The concept of "spaced repetition" is practicing something using increasing amounts of time between repetitions in order to move information from short-term into long-term memory. I've been using this method of practice and study for a long time and found it extremely helpful.
Here's a neat interactive explanation of spaced repetition, if you're not already familiar with it. Even if you are, you might enjoy looking through it:
https://ncase.me/remember/
I've recently been using Anki (https://apps.ankiweb.net) to help me utilize spaced repetition for a non-musical project I'm working on. It's sort of a virtual flash card app. It's been helpful enough that I've started applying it to maintaining my list of memorized tunes and adding new tunes to that list. It could be helpful for practice with different scales, keys, or even technique practice.

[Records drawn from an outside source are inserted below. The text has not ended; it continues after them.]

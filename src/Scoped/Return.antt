-- ===== src/Scoped/Return.antt =====
-- crates/ignis/src/php/scoped.rs: a scope finds its own values of an object again.
use ignis.Shared.{
  ℕ, ◌≡◌, ◌≢◌, refl, sym, subst, ◌∙◌, ◌⊎◌, inl, inr, All, List, [], ◌∷◌, none, some, ◌==◌, lookup,
  insert, remove, lookup-insert, lookup-insert_other, lookup-remove_other, UniqueKeys,
  insert-UniqueKeys, remove-UniqueKeys, eq_of_==, ne_of_==, arith, Bool-cases, Option-cases,
}
use ignis.Scoped.{Slots, Scoped, row, row_zero, on_switch, allocate, seal, rows_clear, free_obj}
use ignis.Scoped.Rows.{on_switch-refines}
use ignis.Scoped.Apart.{
  on_switch-UniqueKeys, reset_all-UniqueKeys, reset_all-live, row-remove_from, row-remove, row-seal,
}
use ignis.Scoped.Events.{
  Act, assigns, allocates, seals, clears, frees, act, acts, World, Event, runs, happen, run,
}

-- What the scope `to` may do, where the scope `s` is to keep its values of the object `h`.
abbrev pub AllowedAct : (s h to : ℕ) → Act → Type 0
AllowedAct s h to (assigns j v) = (to ≢ s) ⊎ (j ≢ h)
AllowedAct s h to (allocates none) = Unit
AllowedAct s h to (allocates (some (j, v))) = j ≢ h
AllowedAct s h to (seals j) = Unit
AllowedAct s h to clears = to ≢ s
AllowedAct s h to (frees j) = j ≢ h

abbrev pub Allowed : (s h : ℕ) → Event → Type 0
Allowed s h (runs to turn) = All (AllowedAct s h to) turn

still :
    (j h : ℕ) (x : Slots) (live : List (ℕ × Slots))
    → lookup h (insert j x live) ≡ none
    → lookup h live ≡ none
still j h x live e = ground (arith, e, lookup-insert j h x live)

module _ (s h : ℕ) (v : Slots) where
  -- Each live object has one entry and this is one of them, and the scope's values of it are these:
  -- in the object's slots while the scope runs, and in its copy while another does.
  pub record Owns (current : ℕ) (w : Scoped) : Type 0 where
    pub unique : UniqueKeys w.live
    pub alive : lookup h w.live ≢ none
    pub kept :
        ((current ≡ s) × (lookup h w.live ≡ some v)) ⊎ ((current ≢ s) × (row s h w.tables ≡ some v))

  -- A switch between two scopes.
  moved-Owns :
      (current to : ℕ) (x : Slots) (w : Scoped)
      → current ≢ to
      → lookup h w.live ≡ some x
      → Owns current w
      → Owns to (on_switch current to w)
  moved-Owns current to x w n q o =
      let (now, copy) = on_switch-refines current to s h x w o.unique n q in
      record {
        unique = on_switch-UniqueKeys current to w o.unique;
        alive = λ e. ground (arith, now, e);
        kept = elim (Bool-cases (to == s)) [
          | inl y ↦ inl (
            eq_of_== to s y,
            elim o.kept [
              | inl (c, l) ↦ elim (n (c ∙ sym (eq_of_== to s y))) [ ]
              | inr (c, l) ↦
                  let mine : row to h w.tables ≡ some v =
                    subst (λ (i : ℕ). row i h w.tables ≡ some v) (sym (eq_of_== to s y)) l in
                  now ∙ ground (arith, mine)
            ],
          )
          | inr z ↦ inr (
            ne_of_== to s z,
            copy ∙ elim o.kept [
              | inl (c, l) ↦ let same : x ≡ v = cc (sym q ∙ l) in ground (arith, z, c, same)
              | inr (c, l) ↦ ground (arith, z, c, l)
            ],
          )
        ];
      }

  switch-Owns : (current to : ℕ) (w : Scoped) → Owns current w → Owns to (on_switch current to w)
  unfolding on_switch
  switch-Owns current to w o = elim (Bool-cases (current == to)) [
    | inl y ↦ rw (y, on_switch) (subst (λ (c : ℕ). Owns c w) (eq_of_== current to y) o)
    | inr z ↦ elim (Option-cases (lookup h w.live)) [
      | inl e ↦ elim (o.alive e) [ ]
      | inr (x, e) ↦ moved-Owns current to x w (ne_of_== current to z) e o
    ]
  ]

  -- Another object's slots are written, or it is made, and the copies stay.
  put-Owns :
      (to j : ℕ) (x : Slots) (w : Scoped)
      → j ≢ h
      → Owns to w
      → Owns to (record w { live = insert j x w.live })
  put-Owns to j x w n o =
      let same : lookup h (insert j x w.live) ≡ lookup h w.live =
        lookup-insert_other j h x w.live n in
      record {
        unique = insert-UniqueKeys j x w.live o.unique;
        alive = λ e. o.alive (sym same ∙ e);
        kept = elim o.kept [ inl (c, l) ↦ inl (c, same ∙ l) | inr k ↦ inr k ];
      }

  assign-Owns :
      (to j : ℕ) (x : Slots) (w : Scoped)
      → (to ≢ s) ⊎ (j ≢ h)
      → Owns to w
      → Owns to (record w { live = insert j x w.live })
  assign-Owns to j x w (inr n) o = put-Owns to j x w n o
  assign-Owns to j x w (inl m) o = record {
    unique = insert-UniqueKeys j x w.live o.unique;
    alive = λ e. o.alive (still j h x w.live e);
    kept = elim o.kept [ inl (c, l) ↦ elim (m c) [ ] | inr k ↦ inr k ];
  }

  clear-Owns : (to : ℕ) (w : Scoped) → to ≢ s → Owns to w → Owns to (rows_clear to w)
  unfolding rows_clear
  clear-Owns to w n o = elim (Bool-cases (to == row_zero)) [
    | inl y ↦ rw (y, rows_clear) o
    | inr z ↦
        rw (z, rows_clear)
          (record {
            unique = reset_all-UniqueKeys w.live w.tables o.unique;
            alive = reset_all-live h w.live w.tables o.alive;
            kept = elim o.kept [
              | inl (c, l) ↦ elim (n c) [ ]
              | inr (c, l) ↦ inr (c, row-remove s h to w.tables n ∙ l)
            ];
          })
  ]

  free-Owns : (to j : ℕ) (w : Scoped) → j ≢ h → Owns to w → Owns to (free_obj j w)
  unfolding free_obj
  free-Owns to j w n o =
      let same : lookup h (remove j w.live) ≡ lookup h w.live = lookup-remove_other j h w.live n in
      record {
        unique = remove-UniqueKeys j w.live o.unique;
        alive = λ e. o.alive (sym same ∙ e);
        kept = elim o.kept [
          | inl (c, l) ↦ inl (c, same ∙ l)
          | inr (c, l) ↦ inr (c, row-remove_from s h j w.tables n ∙ l)
        ];
      }

  seal-Owns : (to j : ℕ) (w : Scoped) → s ≢ row_zero → Owns to w → Owns to (seal j w)
  unfolding seal
  seal-Owns to j w z o = elim (Option-cases (lookup j w.live)) [
    | inl e ↦ rw (e, seal) o
    | inr (x, e) ↦
        rw (e, seal)
          (record {
            unique = o.unique;
            alive = o.alive;
            kept = elim o.kept [
              | inl k ↦ inl k
              | inr (c, l) ↦ inr (c, row-seal s h j x w.tables z ∙ l)
            ];
          })
  ]

  act-Owns :
      (to : ℕ) (a : Act) (w : Scoped)
      → s ≢ row_zero
      → AllowedAct s h to a
      → Owns to w
      → Owns to (act to a w)
  unfolding act allocate
  act-Owns to (assigns j x) w z a o = elim (Option-cases (lookup j w.live)) [
    | inl e ↦ rw (e, act) o
    | inr (y, e) ↦ rw (e, act) (assign-Owns to j x w a o)
  ]
  act-Owns to (allocates none) w z a o = o
  act-Owns to (allocates (some (j, x))) w z a o = put-Owns to j x w a o
  act-Owns to (seals j) w z a o = seal-Owns to j w z o
  act-Owns to clears w z a o = clear-Owns to w a o
  act-Owns to (frees j) w z a o = free-Owns to j w a o

  acts-Owns :
      (to : ℕ) (turn : List Act) (w : Scoped)
      → s ≢ row_zero
      → All (AllowedAct s h to) turn
      → Owns to w
      → Owns to (acts to turn w)
  acts-Owns to [] w z a o = o
  acts-Owns to (x ∷ turn) w z a o = acts-Owns to turn (act to x w) z a.1 (act-Owns to x w z a.0 o)

-- A scope that is not {main}, its values of a live object, where each live object has one entry, and
-- any switches and what the scopes then do, in any order, in which this scope does not write the
-- object or clear its rows, and the object is not freed: when the scope is switched to, the object's
-- slots hold its values, whatever other scopes have written to the same object.
pub own_values_return :
    (s h : ℕ) (v : Slots) (events : List Event) (w : World)
    → s ≢ row_zero
    → All (Allowed s h) events
    → Owns s h v w.current w.scoped
    → lookup h (happen (runs s []) (run events w)).scoped.live ≡ some v
unfolding run happen
own_values_return s h v [] w z a o =
    let back : Owns s h v s (on_switch w.current s w.scoped) =
      switch-Owns s h v w.current s w.scoped o in
    elim back.kept [ inl (c, l) ↦ l | inr (c, l) ↦ elim (c refl) [ ] ]
own_values_return s h v (runs to turn ∷ events) w z a o =
    own_values_return s h v events (happen (runs to turn) w) z a.1 (
      acts-Owns s h v to turn (on_switch w.current to w.scoped) z a.0
        (switch-Owns s h v w.current to w.scoped o))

After you test yourself on the Anki cards it will ask you to rate your performance in four ways: 1. Again, 2. Hard, 3. Good, 4. Easy. Depending on how you rate your performance on that card and how long you've been working on that card in Anki it will then automatically space out when you'll need to work on it again. For example, it might bring that card back minutes later, or maybe days or weeks later. So for memorizing tunes, for example, I'll spend less time on tunes that I already know really well, but they'll come up from time to time to keep them fresh. Tunes that I haven't gotten committed to memory will come up more frequently, but will gradually be spaced out over time to take advantage of the spaced repetition approach.
If you don't want to us an app, look through the presentation I linked to above and it has a way you can do something similar using a shoe box and index cards.